In order to ensure indoor air quality safety, locating the airborne contaminant sources accurately and quickly is extremely important so that timely measures can be taken to undermine the spread of pollutant and even eliminate the negative effects. Previous studies have shown that the multi-zone model can greatly reduce the inverse calculation time. However, the multi-zone model cannot describe the details of the indoor velocity field, which limits its application in complex multi-zone or large space buildings. On the premise of the accuracy and computational speed, based on the joint probability method, this study adopted the coarse-grid CFD method to speed up the process of acquiring the indoor airflow field, together with the multi-zone model method, to perform the inverse calculation of indoor airborne contaminant source location. In the backward calculation process, we conducted the ‘transpose' of the velocity field to obtain adjoint matrix, instead of computing ‘negative' of the velocity vector to save the calculation time. A two-dimensional ventilation model was utilized to validate the method, which proved the accuracy and time-saving potential of it. This study provides theoretical and practical prospect for the real-time inverse calculation of locating the indoor airborne contaminant sources.

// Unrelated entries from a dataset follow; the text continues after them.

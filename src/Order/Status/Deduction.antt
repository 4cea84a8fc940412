-- ===== src/Order/Status/Deduction.antt =====
-- The deduction of the recipes leaves the tables alone.
use menuvex_printer.Entity.{OrderLineView, field_of}
use menuvex_printer.Json.{Json, decode_map, encode_map, str}
use menuvex_printer.Order.Status.{
  Counted, Floats, RecipeLineView, deduct_all, deduct_line, deduct_product, deduct_recipe,
  recipe_lines, record_movement,
}
use menuvex_printer.Order.Update.{sprint}
use menuvex_printer.Prelude.{
  Bool, Bool-cases, Key, List, Map, Option, Option-cases, String, [], ap, eq_iff, false, if_both,
  inl, inr, insert, lookup, not, refl, str_eq, string_eq, true, ℕ, ◌&&◌, ◌∙◌, ◌∷◌, ◌≡◌, ◌≢◌,
}
use menuvex_printer.Prelude.Int.{ℤ}
use menuvex_printer.Store.{
  PersistedDb, StoredEntity, entity_key, find_entity, find_live, next_int64, rewrite,
}
use menuvex_printer.Store.Keys.{find-put_ne}

pub kinds_apart : (a b i j : String) → str_eq a b ≡ false → entity_key a i ≢ entity_key b j
kinds_apart a b i j h e =
    let same : str_eq a b ≡ true = (eq_iff a b).1 (ap (λ (k : Key). k.kind) e) in clash h same
  where
    clash : {x : Bool} → x ≡ false → x ≡ true → ⊥
    clash p q = cc

module _ {F : Type 0} (fl : Floats F) (fresh : ℕ → Option String)
    (order_id number now t : String) where
  record_movement-table :
      (ingredient : StoredEntity) (m : Map String Json) (ingredient_id : String) (deduct stock : F)
      (n : ℕ) (st : PersistedDb)
      → find_entity
          (record_movement fl fresh order_id number now ingredient m ingredient_id deduct stock
            (n, st)).1
          "table"
          t
        ≡ find_entity st "table" t
  unfolding record_movement
  record_movement-table ingredient m ingredient_id deduct stock n st =
      elim (Option-cases (fresh n)) [
        | inl failed_id ↦ rw (failed_id, record_movement) refl
        | inr (mov_id, made) ↦
            rw (made, record_movement)
              (elim (Bool-cases (fl.is_nil deduct)) [
                | inl none_left ↦ rw (none_left) refl
                | inr any ↦ rw (any) (
                    find-put_ne st "inventory_movement" mov_id _ "table" t
                      (kinds_apart "inventory_movement" "table" mov_id t refl))
              ])
      ]

  deduct_line-table :
      (quantity : ℤ) (rl : RecipeLineView) (n : ℕ) (st : PersistedDb)
      → find_entity (deduct_line fl fresh order_id number now quantity rl (n, st)).1 "table" t
        ≡ find_entity st "table" t
  unfolding deduct_line rewrite
  deduct_line-table quantity rl n st =
      elim (Option-cases (find_live st "ingredient" rl.ingredient_id)) [
        | inl missing ↦ rw (missing, deduct_line) refl
        | inr (e, found) ↦
            rw (found, deduct_line)
              (elim (Option-cases (decode_map e.payload)) [
                | inl bad ↦ rw (bad) refl
                | inr (m, object) ↦ rw (object) (
                    let deduct = fl.times (fl.parse rl.quantity) quantity in
                    let stock = fl.minus (fl.parse (sprint (lookup "current_stock" m))) deduct in
                    let m' = insert "current_stock" (str (fl.fixed stock)) m in
                    record_movement-table e m' rl.ingredient_id deduct stock n
                      (rewrite "ingredient" rl.ingredient_id e m' st)
                    ∙ find-put_ne st "ingredient" rl.ingredient_id
                        (record e { version = next_int64 e.version; payload = encode_map m' })
                        "table" t (kinds_apart "ingredient" "table" rl.ingredient_id t refl))
              ])
      ]

  deduct_recipe-table :
      (quantity : ℤ) (rls : List RecipeLineView) (c : Counted)
      → find_entity (deduct_recipe fl fresh order_id number now quantity rls c).1 "table" t
        ≡ find_entity c.1 "table" t
  unfolding deduct_recipe
  deduct_recipe-table quantity [] c = refl
  deduct_recipe-table quantity (rl ∷ rls) c =
      deduct_recipe-table quantity rls (deduct_line fl fresh order_id number now quantity rl c)
      ∙ deduct_line-table quantity rl c.0 c.1

  deduct_product-table :
      (line : OrderLineView) (m : Map Key StoredEntity) (c : Counted)
      → find_entity (deduct_product fl fresh order_id number now line m c).1 "table" t
        ≡ find_entity c.1 "table" t
  unfolding deduct_product
  deduct_product-table line [] c = refl
  deduct_product-table line ((k, e) ∷ m) c =
      deduct_product-table line m _
      ∙ if_both (λ (d : Counted). find_entity d.1 "table" t ≡ find_entity c.1 "table" t)
          (not e.deleted
            && str_eq e.kind "recipe"
            && str_eq (field_of e.payload "product_id") line.product_id)
          (deduct_recipe fl fresh order_id number now line.quantity (recipe_lines e.payload) c) c
          (deduct_recipe-table line.quantity (recipe_lines e.payload) c) refl

  pub deduct_all-table :
      (ls : List OrderLineView) (c : Counted)
      → find_entity (deduct_all fl fresh order_id number now ls c).1 "table" t
        ≡ find_entity c.1 "table" t
  unfolding deduct_all
  deduct_all-table [] c = refl
  deduct_all-table (l ∷ ls) c =
      deduct_all-table ls (deduct_product fl fresh order_id number now l c.1.entities c)
      ∙ deduct_product-table l c.1.entities c
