-- ===== src/Order/Status/Machine.antt =====
-- The state machine of the orders: what UpdateLocalOrderStatusReason can make of the status of an order.
use mathlib.Core.Path.{subst}
use menuvex_printer.Entity.{field_of, label_text}
use menuvex_printer.Json.{Json, decode_map, encode_map, str}
use menuvex_printer.Json.Laws.{IsUnique, decode_map-IsUnique, insert-IsUnique, lookup-decode-encode}
use menuvex_printer.Order.Status.{
  Floats, clean, is_valid_transition, next_statuses, one_of, refused, side_effects, status_body,
  status_fields,
}
use menuvex_printer.Prelude.{
  Bool-cases, List, Map, Option, String, [], arith, eq_iff, false, if_both, if◌then◌else◌, inl, inr,
  insert, lookup, map_laws, none, not, refl, some, str_eq, string_eq, sym, true, ℕ, ◌<◌, ◌∷◌, ◌≡◌,
  ◌⊎◌,
}
use menuvex_printer.Result.{
  >>=-eq-ok, bad_row, ok, or_fail, or_fail-eq-ok, order_not_found, refuse_if-eq-ok,
}
use menuvex_printer.Store.{PersistedDb, StoredEntity, find_live, next_int64, put_entity, rewrite}
use menuvex_printer.Store.Keys.{find-put_self, find_live-find, find_live_of}
use menuvex_printer.Text.{equal_fold, is_blank, trim_space}

-- How far a status is in the cycle of an order. Every status that has no row in the table is closed.
abbrev pub rank : String → ℕ
rank status =
    if str_eq status ""
    then 0
    else if str_eq status "pending"
    then 1
    else if str_eq status "accepted"
    then 2
    else if str_eq status "preparing"
    then 3
    else if str_eq status "ready"
    then 4
    else 5

abbrev AllAbove : ℕ → List String → Type 0
AllAbove n [] = Unit {0}
AllAbove n (t ∷ ts) = (n < rank t) × AllAbove n ts

one_of_above :
    (n : ℕ) (to : String) (ts : List String) → AllAbove n ts → one_of to ts ≡ true → n < rank to
unfolding one_of
one_of_above n to [] a h = cc
one_of_above n to (t ∷ ts) a h = elim (Bool-cases (str_eq t to)) [
  | inl e ↦ subst (λ s. n < rank s) ((eq_iff t to).0 e) a.0
  | inr d ↦ one_of_above n to ts a.1 (ground (arith, d))
]

next_above : (from : String) → AllAbove (rank from) (next_statuses from)
unfolding next_statuses
next_above from = elim (Bool-cases (str_eq from "")) [
  | inl a ↦
      rw (a)
        (omega arith, (omega arith, (omega arith, (omega arith, (omega arith, (omega arith, tt))))))
  | inr a ↦ rw (a) (elim (Bool-cases (str_eq from "pending")) [
    | inl b ↦ rw (b) (omega arith, (omega arith, (omega arith, (omega arith, (omega arith, tt)))))
    | inr b ↦ rw (b) (elim (Bool-cases (str_eq from "accepted")) [
      | inl c ↦ rw (c) (omega arith, (omega arith, (omega arith, (omega arith, tt))))
      | inr c ↦ rw (c) (elim (Bool-cases (str_eq from "preparing")) [
        | inl d ↦ rw (d) (omega arith, (omega arith, (omega arith, tt)))
        | inr d ↦ rw (d) (elim (Bool-cases (str_eq from "ready")) [
          | inl e ↦ rw (e) (omega arith, (omega arith, tt))
          | inr e ↦ rw (e) tt
        ])
      ])
    ])
  ])
]

-- The two words are one, or the second is further on in the cycle.
abbrev pub Advances : String → String → Type 0
Advances from to = (clean from ≡ clean to) ⊎ (rank (clean from) < rank (clean to))

valid-Advances : (from to : String) → is_valid_transition from to ≡ true → Advances from to
unfolding is_valid_transition
valid-Advances from to h = elim (Bool-cases (str_eq (clean from) (clean to))) [
  | inl e ↦ inl ((eq_iff (clean from) (clean to)).0 e)
  | inr d ↦ inr (
      one_of_above _ (clean to) (next_statuses (clean from)) (next_above (clean from))
        (ground (arith, d, h)))
]

-- om["status"].(string)
abbrev pub status_text : Json → String
status_text payload = elim (decode_map payload) [
  | none ↦ ""
  | some m ↦ label_text (lookup "status" m)
]

pub status_fields-IsUnique :
    (new reason now : String) (m : Map String Json)
    → IsUnique m
    → IsUnique (status_fields new reason now m)
unfolding status_fields
status_fields-IsUnique new reason now m u =
    let updated = insert "updated_at" (str now) (insert "status" (str new) m) in
    let u₁ : IsUnique updated = insert-IsUnique "updated_at" _ _ (insert-IsUnique "status" _ m u) in
    let reasoned =
      if is_blank reason
      then updated
      else insert "status_reason" (str (trim_space reason)) updated in
    let u₂ : IsUnique reasoned =
      if_both IsUnique (is_blank reason) _ _ u₁ (insert-IsUnique "status_reason" _ _ u₁) in
    if_both IsUnique (str_eq new "completed") _ _ (insert-IsUnique "completed_at" _ _ u₂) u₂

pub status_fields-status :
    (new reason now : String) (m : Map String Json)
    → lookup "status" (status_fields new reason now m) ≡ some (str new)
unfolding status_fields
status_fields-status new reason now m = elim (Bool-cases (is_blank reason)) [
  | inl a ↦ elim (Bool-cases (str_eq new "completed")) [
    | inl b ↦ rw (a, b) (simp map_laws)
    | inr b ↦ rw (a, b) (simp map_laws)
  ]
  | inr a ↦ elim (Bool-cases (str_eq new "completed")) [
    | inl b ↦ rw (a, b) (simp map_laws)
    | inr b ↦ rw (a, b) (simp map_laws)
  ]
]

status_fields-text :
    (new reason now : String) (m : Map String Json)
    → IsUnique m
    → status_text (encode_map (status_fields new reason now m)) ≡ new
unfolding label_text
status_fields-text new reason now m u =
    let (n, decoded, same) =
      lookup-decode-encode "status" (status_fields new reason now m)
        (status_fields-IsUnique new reason now m u) in
    ground (arith, decoded, same, status_fields-status new reason now m)

-- The order was there and could go on to the new status. If that is its status already, letter case
-- aside, nothing is changed; otherwise the order is there with it and with a new version.
abbrev pub Advanced : String → String → PersistedDb → PersistedDb → Type 0
Advanced order_id new st st' =
    (e : StoredEntity) × (find_live st "order" order_id ≡ some e)
    × Advances (status_text e.payload) new
    × (((equal_fold (status_text e.payload) new ≡ true) × (st' ≡ st))
        ⊎ ((e' : StoredEntity) × (find_live st' "order" order_id ≡ some e')
            × (e'.version ≡ next_int64 e.version)
            × (status_text e'.payload ≡ new)))

written :
    (order_id : String) (order : StoredEntity) (new reason now : String) (m : Map String Json)
    (st : PersistedDb)
    → order.deleted ≡ false
    → IsUnique m
    → (e' : StoredEntity) × (find_live
          (rewrite "order" order_id order (status_fields new reason now m) st)
          "order"
          order_id
        ≡ some e')
      × (e'.version ≡ next_int64 order.version)
      × (status_text e'.payload ≡ new)
unfolding rewrite
written order_id order new reason now m st live u =
    let e' : StoredEntity = record order {
      version = next_int64 order.version;
      payload = encode_map (status_fields new reason now m);
    } in
    (
      e',
      find_live_of (put_entity "order" order_id e' st) "order" order_id
          (find-put_self st "order" order_id e') live,
      refl,
      status_fields-text new reason now m u,
    )

pub status_text_of :
    (payload : Json) (m : Map String Json)
    → decode_map payload ≡ some m
    → status_text payload ≡ label_text (lookup "status" m)
status_text_of payload m h = rw (h, status_text) refl

-- A change of status that succeeds goes on in the cycle pending, accepted, preparing, ready and closed: a
-- closed order stays closed, and none goes back.
pub status_body-Advanced :
    {F : Type 0} (fl : Floats F) (fresh : ℕ → Option String) (order_id new reason now : String)
    (st st' : PersistedDb)
    → status_body fl fresh order_id new reason now st ≡ ok (st', tt)
    → Advanced order_id new st st'
unfolding status_body
status_body-Advanced fl fresh order_id new reason now st st' h =
    let (e, found, h₁) = >>=-eq-ok (or_fail (find_live st "order" order_id) order_not_found) _ h in
    let live : find_live st "order" order_id ≡ some e = or_fail-eq-ok _ _ found in
    let (m, decoded, h₂) = >>=-eq-ok (or_fail (decode_map e.payload) bad_row) _ h₁ in
    let object : decode_map e.payload ≡ some m = or_fail-eq-ok _ _ decoded in
    let prev = label_text (lookup "status" m) in
    let same_text : status_text e.payload ≡ prev = status_text_of e.payload m object in
    let (allowed, h₃) = refuse_if-eq-ok (not (is_valid_transition prev new)) (refused prev) _ h₂ in
    let may_go : is_valid_transition prev new ≡ true = ground (arith, allowed) in
    (
      e,
      live,
      subst (λ p. Advances p new) (sym same_text) (valid-Advances prev new may_go),
      elim (Bool-cases (equal_fold prev new)) [
        | inl same ↦
            inl
              (subst (λ p. equal_fold p new ≡ true) (sym same_text) same, ground (arith, same, h₃))
        | inr other ↦
            let effects =
              side_effects fl fresh order_id (field_of e.payload "order_number") now prev new
                e.payload st in
            let is_it : rewrite "order" order_id e (status_fields new reason now m) effects ≡ st' =
              ground (arith, other, h₃) in
            inr (
              subst
                (λ t.
                  (e' : StoredEntity) × (find_live t "order" order_id ≡ some e')
                  × (e'.version ≡ next_int64 e.version)
                  × (status_text e'.payload ≡ new))
                is_it
                (written order_id e new reason now m effects
                  (find_live-find st "order" order_id live).1
                  (decode_map-IsUnique e.payload object)))
      ],
    )
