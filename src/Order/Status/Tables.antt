-- ===== src/Order/Status/Tables.antt =====
-- The table of an order that ends: it is free afterwards, whatever the recipes deduct.
use mathlib.Core.Path.{subst}
use menuvex_printer.Entity.{field_of, field_text, label_text, order_items}
use menuvex_printer.Entity.Laws.{field_of-encode}
use menuvex_printer.Json.{Json, decode_map, encode_map, str}
use menuvex_printer.Json.Laws.{IsUnique, decode_map-IsUnique, insert-IsUnique}
use menuvex_printer.Order.{free_table, order_table}
use menuvex_printer.Order.Status.{
  Floats, is_valid_transition, refused, side_effects, status_body, status_fields,
}
use menuvex_printer.Order.Status.Deduction.{deduct_all-table, kinds_apart}
use menuvex_printer.Order.Status.Machine.{status_text, status_text_of}
use menuvex_printer.Prelude.{
  Bool, Bool-cases, Map, Option, String, [], ap, arith, eq_iff, false, inl, inr, insert, lookup,
  lookup-without, map_laws, not, refl, some, str_eq, string_eq, sym, true, without, ℕ, ◌∙◌, ◌∷◌,
  ◌≡◌, ◌⊎◌,
}
use menuvex_printer.Result.{
  >>=-eq-ok, bad_row, ok, or_fail, or_fail-eq-ok, order_not_found, refuse_if-eq-ok,
}
use menuvex_printer.Store.{
  PersistedDb, StoredEntity, find_entity, find_live, next_int64, put_entity, rewrite,
}
use menuvex_printer.Store.Keys.{find-put_ne, find-put_self, find_live-find, find_live_of}
use menuvex_printer.Text.{equal_fold, to_lower}

without-IsUnique : (k : String) (m : Map String Json) → IsUnique m → IsUnique (without k m)
unfolding without lookup
without-IsUnique k [] u = tt
without-IsUnique k ((j, w) ∷ m) u =
    ground (arith, without-IsUnique k m u.1, lookup-without k j m, eq_iff j k, eq_iff k j)

-- The payload of a table that is free.
abbrev pub IsFree : Json → Type 0
IsFree payload =
    (field_of payload "status" ≡ "available") × (field_of payload "current_order_id" ≡ "")

freed-IsFree :
    (m : Map String Json)
    → IsUnique m
    → IsFree (encode_map (without "current_order_id" (insert "status" (str "available") m)))
unfolding field_text
freed-IsFree m u =
    let occupied = insert "status" (str "available") m in
    let unique : IsUnique (without "current_order_id" occupied) =
      without-IsUnique "current_order_id" occupied
        (insert-IsUnique "status" (str "available") m u) in
    (
      field_of-encode (without "current_order_id" occupied) "status" unique ∙ simp map_laws,
      field_of-encode (without "current_order_id" occupied) "current_order_id" unique
          ∙ simp map_laws,
    )

free_table-IsFree :
    (t : String) (st : PersistedDb) (e : StoredEntity) (m : Map String Json)
    → str_eq t "" ≡ false
    → find_live st "table" t ≡ some e
    → decode_map e.payload ≡ some m
    → (e' : StoredEntity) × (find_entity (free_table t st) "table" t ≡ some e')
      × (e'.deleted ≡ false)
      × IsFree e'.payload
unfolding free_table order_table rewrite
free_table-IsFree t st e m named live object =
    let freed = without "current_order_id" (insert "status" (str "available") m) in
    let e' : StoredEntity = record e {
      version = next_int64 e.version;
      payload = encode_map freed;
    } in
    (
      e',
      rw (named, live, object, free_table, order_table) (find-put_self st "table" t e'),
      (find_live-find st "table" t live).1,
      freed-IsFree m (decode_map-IsUnique e.payload object),
    )

module _ {F : Type 0} (fl : Floats F) (fresh : ℕ → Option String)
    (order_id number now : String) where
  side_effects-table :
      (prev new : String) (payload : Json) (st : PersistedDb)
      → (new ≡ "completed") ⊎ (new ≡ "cancelled")
      → str_eq prev "completed" ≡ false ⊎ (new ≡ "cancelled")
      → let t = field_of payload "table_id" in
        find_entity (side_effects fl fresh order_id number now prev new payload st) "table" t
        ≡ find_entity (free_table t st) "table" t
  unfolding side_effects
  side_effects-table prev new payload st (inl c) (inl p) =
      rw (c, p, side_effects)
        (deduct_all-table fl fresh order_id number now (field_of payload "table_id")
          (order_items payload) (0, free_table (field_of payload "table_id") st))
  side_effects-table prev new payload st (inr c) d = rw (c, side_effects) refl
  side_effects-table prev new payload st (inl c) (inr d) = rw (d, side_effects) refl

not_completed :
    (prev new : String)
    → (new ≡ "completed") ⊎ (new ≡ "cancelled")
    → equal_fold prev new ≡ false
    → str_eq prev "completed" ≡ false ⊎ (new ≡ "cancelled")
unfolding equal_fold
not_completed prev new (inr c) d = inr c
not_completed prev new (inl c) d = elim (Bool-cases (str_eq prev "completed")) [
  | inr other ↦ inl other
  | inl same ↦
      let equal : prev ≡ new = (eq_iff prev "completed").0 same ∙ sym c in
      let folded : str_eq (to_lower prev) (to_lower new) ≡ true =
        (eq_iff (to_lower prev) (to_lower new)).1 (ap to_lower equal) in
      absurd (clash d folded)
]
  where
    clash : {x : Bool} → x ≡ false → x ≡ true → ⊥
    clash p q = cc

-- The order changes its status, and its table is there.
abbrev pub HasTable : String → PersistedDb → StoredEntity → Type 0
HasTable new st order =
    (equal_fold (status_text order.payload) new ≡ false)
    × (str_eq (field_of order.payload "table_id") "" ≡ false)
    × ((table : StoredEntity) × (m : Map String Json) × (find_live st "table"
            (field_of order.payload "table_id")
          ≡ some table)
        × (decode_map table.payload ≡ some m))

abbrev pub TableFree : PersistedDb → StoredEntity → Type 0
TableFree st order =
    (table : StoredEntity) × (find_live st "table" (field_of order.payload "table_id") ≡ some table)
    × IsFree table.payload

module _ {F : Type 0} (fl : Floats F) (fresh : ℕ → Option String)
    (order_id number now : String) where
  ended :
      (prev new : String) (e : StoredEntity) (fields : Map String Json) (st : PersistedDb)
      → (new ≡ "completed") ⊎ (new ≡ "cancelled")
      → equal_fold prev new ≡ false
      → HasTable new st e
      → TableFree
          (rewrite "order" order_id e fields
            (side_effects fl fresh order_id number now prev new e.payload st))
          e
  unfolding rewrite
  ended prev new e fields st ends other (changes, named, (table, m, live, object)) =
      let t = field_of e.payload "table_id" in
      let effects = side_effects fl fresh order_id number now prev new e.payload st in
      let e' : StoredEntity = record e {
        version = next_int64 e.version;
        payload = encode_map fields;
      } in
      let (freed, found, alive, free) = free_table-IsFree t st table m named live object in
      (
        freed,
        find_live_of (put_entity "order" order_id e' effects) "table" t
            (find-put_ne effects "order" order_id e' "table" t
                (kinds_apart "order" "table" order_id t refl)
              ∙ side_effects-table fl fresh order_id number now prev new e.payload st ends
                  (not_completed prev new ends other)
              ∙ found)
            alive,
        free,
      )

-- An order that is completed or cancelled, and was not before, leaves its table available and with no
-- current order, whatever is deducted from the stock.
pub status_body-TableFree :
    {F : Type 0} (fl : Floats F) (fresh : ℕ → Option String) (order_id new reason now : String)
    (st st' : PersistedDb) (order : StoredEntity)
    → find_live st "order" order_id ≡ some order
    → (new ≡ "completed") ⊎ (new ≡ "cancelled")
    → HasTable new st order
    → status_body fl fresh order_id new reason now st ≡ ok (st', tt)
    → TableFree st' order
unfolding status_body
status_body-TableFree fl fresh order_id new reason now st st' order live ends has h =
    let (e, found, h₁) = >>=-eq-ok (or_fail (find_live st "order" order_id) order_not_found) _ h in
    let (m, decoded, h₂) = >>=-eq-ok (or_fail (decode_map e.payload) bad_row) _ h₁ in
    let prev = label_text (lookup "status" m) in
    let (allowed, h₃) = refuse_if-eq-ok (not (is_valid_transition prev new)) (refused prev) _ h₂ in
    let same : e ≡ order = same_order e (or_fail-eq-ok _ _ found) in
    let has_e : HasTable new st e = subst (HasTable new st) (sym same) has in
    let other : equal_fold prev new ≡ false =
      subst (λ p. equal_fold p new ≡ false) (status_text_of e.payload m (or_fail-eq-ok _ _ decoded))
        has_e.0 in
    let number = field_of e.payload "order_number" in
    let is_it : rewrite "order" order_id e (status_fields new reason now m)
          (side_effects fl fresh order_id number now prev new e.payload st)
        ≡ st' =
      ground (arith, other, h₃) in
    subst (TableFree st') same (
      subst (λ x. TableFree x e) is_it
        (ended fl fresh order_id number now prev new e (status_fields new reason now m) st ends
          other has_e))
  where
    same_order : (e : StoredEntity) → find_live st "order" order_id ≡ some e → e ≡ order
    same_order e f = cc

为了确保室内空气质量安全，准确、快速地定位空气中污染物的来源极为重要，以便及时采取措施阻止污染物的传播，甚至消除负面影响。以往的研究表明，多区域模型可以大大减少逆计算时间。然而，多区模型无法描述室内速度场的细节，限制了其在复杂的多区或大空间建筑中的应用。本研究在保证精度和计算速度的前提下，基于联合概率法，采用粗网格CFD方法加快室内气流场的获取过程，结合多区模型方法进行室内空气污染物源位置的逆计算。在反向计算过程中，我们对速度场进行“转置”以获得伴随矩阵，而不是计算速度矢量的“负”以节省计算时间。利用二维通风模型对该方法进行了验证，证明了该方法的准确性和节省时间的潜力。该研究为室内空气污染物源定位的实时逆计算提供了理论和实践前景。